There are certain things that dispensationalists very clearly stress which indicate that they do believe in the unity of the Bible. They are
not denying the unity of the Bible. For example:
The Unity of the Bible
One God Only
We stress very clearly that the Bible bears witness to one God only. The unity of the Bible is, in part, demonstrated by the fact that
there is one God.
A Connected Story
Also, we point out that the Bible forms a connected story from Genesis to Revelation. Genesis has to be the first book;
Revelation has to be the last book; and, everything in between has to come in that order because it is a continuous progressive story. So, we do
recognize that the Bible has this unity.
The Bible also makes predictions concerning distant future events. Many of these predictions are made in
one book, and we discover their fulfillment centuries later in books which were written during those centuries following the predictions. That
indicates the unity of the Bible.
The Bible also has progressive revelation. As we move along through the ages, a certain doctrine is made clear
and is unfolded more and more.
Only One Way of Redemption
Then the Bible has only one way of redemption. This is what we just got through demonstrating in the previous
session. The Bible has one way for people to be saved. It has a unified salvation program.

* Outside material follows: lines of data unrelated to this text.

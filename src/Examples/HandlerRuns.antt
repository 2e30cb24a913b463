-- ===== src/Examples/HandlerRuns.antt =====
-- The frame handler at the small system's frame.
use access_security_system_e.Common.{
  ℕ, ◌≡◌, ◌↔◌, refl, true, false, some, List, [], ◌∷◌, replicate, arith, ◌&&◌, ◌==◌, ◌++◌, ap, sym,
  if◌then◌else◌,
}
use mathlib.Core.Path.{subst}
use access_security_system_e.Common.Sets.{mem}
use access_security_system_e.Common.Maps.{lookup}
use access_security_system_e.Protocol.Frame.{Frame, serialize}
use access_security_system_e.Protocol.Parser.{ok, parse_frame}
use access_security_system_e.Handler.{
  key_version_ok, reader_window, check_timestamp, derive_key, handle, make_error,
}
use access_security_system_e.Protocol.ReplayWindow.{new_window, is_too_old, contains, accept_all}
use access_security_system_e.Protocol.ReplayWindow.InOrder.{Rising}
use access_security_system_e.Handler.Accepted.{
  IsAccepted, accepted, handle-allow_iff, handle_accepts,
}
use access_security_system_e.Handler.History.{
  Call, counted, accepted_seq, run, seqs_of, reader_window-run,
}
use access_security_system_e.Handler.Replay.{handle-Rising_once, handle_again}
use access_security_system_e.Handler.Sealed.{sealed, sealed-accepted}
use access_security_system_e.Examples.World.{
  toy, toy_aead, manager, config, store, header, header_fits, card, frame, bytes, frame_parses,
  frame-IsAccepted,
}

sealed-accepted_example :
    (handle toy manager config
      (some store)
      7
      []
      (serialize (sealed toy toy_aead manager config (replicate 32 9) header card))).0
    ≡ accepted toy manager config
        (sealed toy toy_aead manager config (replicate 32 9) header card)
        card
unfolding derive_key key_version_ok contains reader_window new_window lookup is_too_old mem
    check_timestamp
sealed-accepted_example =
    sealed-accepted toy toy_aead manager config store 7 [] header card (replicate 32 9) header_fits
      (omega arith) (omega arith) refl refl refl refl refl refl

handle-allow_iff_example : ((handle toy manager config (some store) 7 [] bytes).0.allow ≡ true) ↔ (
    (f : Frame) × (plaintext : List ℕ) × (parse_frame bytes config.max_ct_len ≡ ok f)
    × IsAccepted toy manager config store 7 [] f plaintext)
handle-allow_iff_example = handle-allow_iff toy manager config store 7 [] bytes

first_allowed : (handle toy manager config (some store) 7 [] bytes).0.allow ≡ true
first_allowed =
    ap (λ o. o.0.allow)
      (handle_accepts toy manager config store 7 [] bytes frame card frame_parses frame-IsAccepted)

handle_again_example :
    (handle toy manager config
      (some store)
      8
      (run toy manager config store (handle toy manager config (some store) 7 [] bytes).1 [])
      bytes).0
    ≡ make_error "replay" frame.header
unfolding run seqs_of
handle_again_example =
    handle_again toy manager config store [] [] 7 8 bytes frame refl frame_parses first_allowed refl

abbrev one_call : List Call
one_call = record { now = 7; bytes = bytes } ∷ []

one_number : seqs_of toy manager config store [] one_call 1 ≡ 5 ∷ []
unfolding seqs_of accepted_seq counted
one_number =
    ap (λ o. (if o.0.allow && (o.0.header.reader_id == 1) then o.0.header.seq ∷ [] else []) ++ [])
      (handle_accepts toy manager config store 7 [] bytes frame card frame_parses frame-IsAccepted)

handle-Rising_once_example :
    (handle toy manager config
      (some store)
      9
      (run toy manager config store [] one_call)
      bytes).0.allow
    ≡ false
unfolding mem
handle-Rising_once_example =
    handle-Rising_once toy manager config store one_call 9 bytes frame refl frame_parses
      (subst (Rising 0) (sym one_number) (omega arith, tt)) (ap (mem 5) one_number)

reader_window-run_example :
    reader_window config (run toy manager config store [] one_call) 1
    ≡ accept_all (reader_window config [] 1) (seqs_of toy manager config store [] one_call 1)
reader_window-run_example = reader_window-run toy manager config store [] one_call 1 refl
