-- ===== src/Examples/HexRuns.antt =====
-- A key file with white space and capital letters.
use access_security_system_e.Common.{
  ℕ, ◌≡◌, ◌↔◌, ◌<◌, zero, suc, some, List, [], ◌∷◌, ◌++◌, map, length, replicate, arith, All,
}
use access_security_system_e.Protocol.Codec.Inverse.{IsByte}
use access_security_system_e.CardId.{to_hex}
use access_security_system_e.Hex.{without_spaces, parse_hex}
use access_security_system_e.Hex.Strict.{lower, parse_hex_iff}

abbrev zeros_and_key : List ℕ
zeros_and_key = replicate 62 48 ++ (32 ∷ (65 ∷ (98 ∷ (10 ∷ []))))

abbrev key : List ℕ
key = replicate 31 0 ++ (171 ∷ [])

All-replicate :
    (n b : ℕ) → b < 256 → (rest : List ℕ) → All IsByte rest → All IsByte (replicate n b ++ rest)
All-replicate zero b h rest r = r
All-replicate (suc n) b h rest r = (h, All-replicate n b h rest r)

parse_hex_iff_example :
    (parse_hex zeros_and_key ≡ some key)
    ↔ ((length key ≡ 32) × All IsByte key × (map lower (without_spaces zeros_and_key) ≡ to_hex key))
parse_hex_iff_example = parse_hex_iff zeros_and_key key (
    All-replicate 62 48 (omega arith) (32 ∷ (65 ∷ (98 ∷ (10 ∷ []))))
      (omega arith, (omega arith, (omega arith, (omega arith, tt)))))
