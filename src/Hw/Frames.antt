-- ===== src/Hw/Frames.antt =====
-- The frame that the endpoint builds, and what the handler makes of it.
use access_security_system_e.Common.{
  ℕ, ◌-◌, ◌≤◌, ◌<◌, ◌≡◌, refl, ap, ◌∙◌, true, false, not, ◌&&◌, none, some, List, ◌++◌, arith,
  length, take, replicate, ◌==◌, ==_refl, inl, inr, Bool-cases, length-append, length-take_of_le,
  length-replicate,
}
use access_security_system_e.Common.Text.{str_eq}
use access_security_system_e.Protocol.Codec.{u32_mod, u64_mod}
use access_security_system_e.Protocol.Frame.{Header, serialize}
use access_security_system_e.Protocol.ReplayWindow.{contains}
use access_security_system_e.Crypto.{Sodium, HasHmacLength, HasAead}
use access_security_system_e.Crypto.Aead.{CipherMode, nonce_len_for, generate, length-generate}
use access_security_system_e.KeyManager.{
  KeyManager, derive_aead_key_total, derive_nonce_key_total, master_as_aead_key,
}
use access_security_system_e.Handler.{
  AccessStore, FrameHandlerConfig, Windows, key_version_ok, reader_window, cipher_of,
  check_timestamp, derive_key, handle,
}
use access_security_system_e.Handler.Accepted.{accepted}
use access_security_system_e.Handler.Sealed.{sealed, sealed-accepted}
use access_security_system_e.Hw.{
  HwUidRequest, HwLib, random_nonce, build_packet_header, build_nonce_context, build_payload_json,
  create_nonce, frame_key, encrypt_and_serialize, build_encrypted_frame_bytes,
}

-- The reader's fields of a request fit their types, and so do the key version and the clock.
pub record IsScan (q : HwUidRequest) (key_version ts : ℕ) : Type 0 where
  pub reader_fits : q.reader_id < u32_mod
  pub door_fits : q.door_id < u32_mod
  pub seq_fits : q.hw_seq < u64_mod
  pub version_fits : key_version < u32_mod
  pub ts_fits : ts < u64_mod

pad :
    (n : ℕ) (xs : List ℕ)
    → n ≤ 24
    → length xs ≡ 24
    → length (take n xs ++ replicate (24 - n) 0) ≡ 24
pad n xs h k = omega (
  arith,
  length-append (take n xs) (replicate (24 - n) 0),
  length-take_of_le n xs (omega arith),
  length-replicate {A = ℕ} (24 - n) 0,
)

length-random :
    (mode : CipherMode) (random : List ℕ)
    → length random ≡ 24
    → length (random_nonce mode random) ≡ 24
unfolding random_nonce nonce_len_for
length-random CipherMode.xchacha20_poly1305 random h = pad 24 random (omega arith) h
length-random CipherMode.chacha20_poly1305 random h = pad 12 random (omega arith) h

current_ok : (c : FrameHandlerConfig) (kv : ℕ) → key_version_ok c kv kv ≡ true
unfolding key_version_ok
current_ok c kv = ground (arith, ==_refl kv)

module _ (lib : Sodium) (law : HasHmacLength lib) (aead : HasAead lib) (m : KeyManager)
    (c : FrameHandlerConfig) where
  frame_key_total : (r kv : ℕ) → (key : List ℕ) × (frame_key lib m c r kv ≡ some key)
  unfolding frame_key
  frame_key_total r kv = elim (Bool-cases (str_eq c.key_derivation_mode "direct")) [
    | inl e ↦ (master_as_aead_key m, rw (frame_key, e) refl)
    | inr e ↦ let (key, d, n) = derive_aead_key_total lib law m r kv in (key, rw (frame_key, e) d)
  ]

  -- A nonce is made, and it has the 24 bytes of a header's, for any 24 random bytes.
  create_nonce_total :
      (random : List ℕ) (r kv : ℕ) (context : List ℕ)
      → length random ≡ 24
      → (nonce : List ℕ) × (create_nonce lib m c random r kv context ≡ some nonce)
        × (length nonce ≡ 24)
  unfolding create_nonce
  create_nonce_total random r kv context h =
      let mode = cipher_of c.cipher_mode in
      elim (Bool-cases (str_eq c.nonce_mode "random")) [
        | inl e ↦ (random_nonce mode random, rw (create_nonce, e) refl, length-random mode random h)
        | inr e ↦
            let (key, d, n) = derive_nonce_key_total lib law m r kv in
            (
              generate lib mode key context,
              rw (create_nonce, e, d) refl,
              length-generate lib law mode key context,
            )
      ]

  -- The frame that is built: the payload sealed under the frame's key.
  pub record IsBuilt {V : Type 0} (hw : HwLib V) (random : List ℕ) (q : HwUidRequest)
      (key_version ts : ℕ) (payload : List ℕ) (bytes : List ℕ) : Type 0 where
    pub key : List ℕ
    pub nonce : List ℕ
    pub key_made : frame_key lib m c q.reader_id key_version ≡ some key
    pub nonce_made :
        create_nonce lib m c random q.reader_id key_version
          (build_nonce_context q.reader_id q.door_id ts q.hw_seq key_version)
        ≡ some nonce
    pub nonce_fits : length nonce ≡ 24
    pub bytes_are :
        bytes
        ≡ serialize (
            sealed lib aead m c key
              (build_packet_header q.reader_id q.door_id q.hw_seq key_version ts nonce)
              payload)

  build_total :
      {V : Type 0} (hw : HwLib V) (random : List ℕ) (q : HwUidRequest) (kv ts : ℕ)
      (payload : List ℕ)
      → length random ≡ 24
      → build_payload_json hw q.uid q.action ≡ some payload
      → (bytes : List ℕ) × (build_encrypted_frame_bytes lib m c hw random q.reader_id q.door_id
            q.hw_seq kv ts q.uid q.action
          ≡ some bytes)
        × IsBuilt hw random q kv ts payload bytes
  unfolding build_encrypted_frame_bytes encrypt_and_serialize
  build_total hw random q kv ts payload n p =
      let (key, k) = frame_key_total q.reader_id kv in
      let context = build_nonce_context q.reader_id q.door_id ts q.hw_seq kv in
      let (nonce, o, l) = create_nonce_total random q.reader_id kv context n in
      let header = build_packet_header q.reader_id q.door_id q.hw_seq kv ts nonce in
      (
        encrypt_and_serialize lib m c key header payload nonce,
        rw (build_encrypted_frame_bytes, p, k, o) refl,
        record {
          key = key;
          nonce = nonce;
          key_made = k;
          nonce_made = o;
          nonce_fits = l;
          bytes_are = refl;
        },
      )

  abbrev pub header_of :
      {V : Type 0} (hw : HwLib V) (random : List ℕ) (q : HwUidRequest) (kv ts : ℕ)
      (payload bytes : List ℕ)
      → IsBuilt hw random q kv ts payload bytes
      → Header
  header_of hw random q kv ts payload bytes b =
      build_packet_header q.reader_id q.door_id q.hw_seq kv ts b.nonce

  -- What the endpoint builds for a reader of the store with its current key version is accepted by
  -- the handler with the payload as its plaintext, where the door is bound to the reader (if that
  -- is enforced), the number is not in the reader's window (if replay is checked), the clock is in
  -- range, and the payload is within the parser's limit: the server's half that writes frames
  -- agrees with the half that reads them, in every mode of the configuration.
  pub handle-IsBuilt :
      {V : Type 0} (hw : HwLib V) (random : List ℕ) (q : HwUidRequest) (store : AccessStore)
      (ts now : ℕ) (ws : Windows) (payload : List ℕ)
      → let kv = store.current_key_version_for_reader q.reader_id in
        length random ≡ 24
        → build_payload_json hw q.uid q.action ≡ some payload
        → IsScan q kv ts
        → length payload ≤ c.max_ct_len
        → c.max_ct_len < u32_mod
        → (kv == 0) ≡ false
        → (c.enforce_reader_door_binding
            && not (store.is_reader_allowed_door q.reader_id q.door_id))
          ≡ false
        → (c.anti_replay_enabled && contains (reader_window c ws q.reader_id) q.hw_seq) ≡ false
        → check_timestamp c.max_skew_ms now ts ≡ none
        → (bytes : List ℕ) × (build_encrypted_frame_bytes lib m c hw random q.reader_id q.door_id
              q.hw_seq kv ts q.uid q.action
            ≡ some bytes)
          × (b : IsBuilt hw random q kv ts payload bytes) × ((handle lib m c
                (some store)
                now
                ws
                bytes).0
              ≡ accepted lib m c
                  (sealed lib aead m c b.key (header_of hw random q kv ts payload bytes b) payload)
                  payload)
  unfolding derive_key frame_key
  handle-IsBuilt hw random q store ts now ws payload n p fits short small known bound fresh time =
      let kv = store.current_key_version_for_reader q.reader_id in
      let (bytes, e, b) = build_total hw random q kv ts payload n p in
      let header = header_of hw random q kv ts payload bytes b in
      (
        bytes,
        e,
        b,
        ap (λ o. (handle lib m c (some store) now ws o).0) b.bytes_are
            ∙ sealed-accepted lib aead m c store now ws header payload b.key
                (record {
                  reader_fits = fits.reader_fits;
                  door_fits = fits.door_fits;
                  ts_fits = fits.ts_fits;
                  seq_fits = fits.seq_fits;
                  key_fits = fits.version_fits;
                  nonce_fits = b.nonce_fits;
                })
                short small b.key_made known bound (current_ok c kv) fresh time,
      )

The Bible also centers primarily on the theme of the person and the work of Jesus Christ. In one way or another, everything the Bible reveals
is related to the person and the work of Christ.
Perfect Harmony Through Multiple Writers
All of the writers of the Bible finally have produced a perfect harmony of doctrine. Many of the 44 men who penned the Bible over centuries
never saw each other. Some of them didn't see each other's writing. Yet, they produced a harmonious system of doctrine which we have revealed
in the Word of God.
So, dispensationalists must recognize these seven points right here, and we make a great deal of them, all of which demonstrate that we do
recognize that the Bible has a unity. However, it is not a contradiction to say that unity exists with distinctions. Just look at your own body.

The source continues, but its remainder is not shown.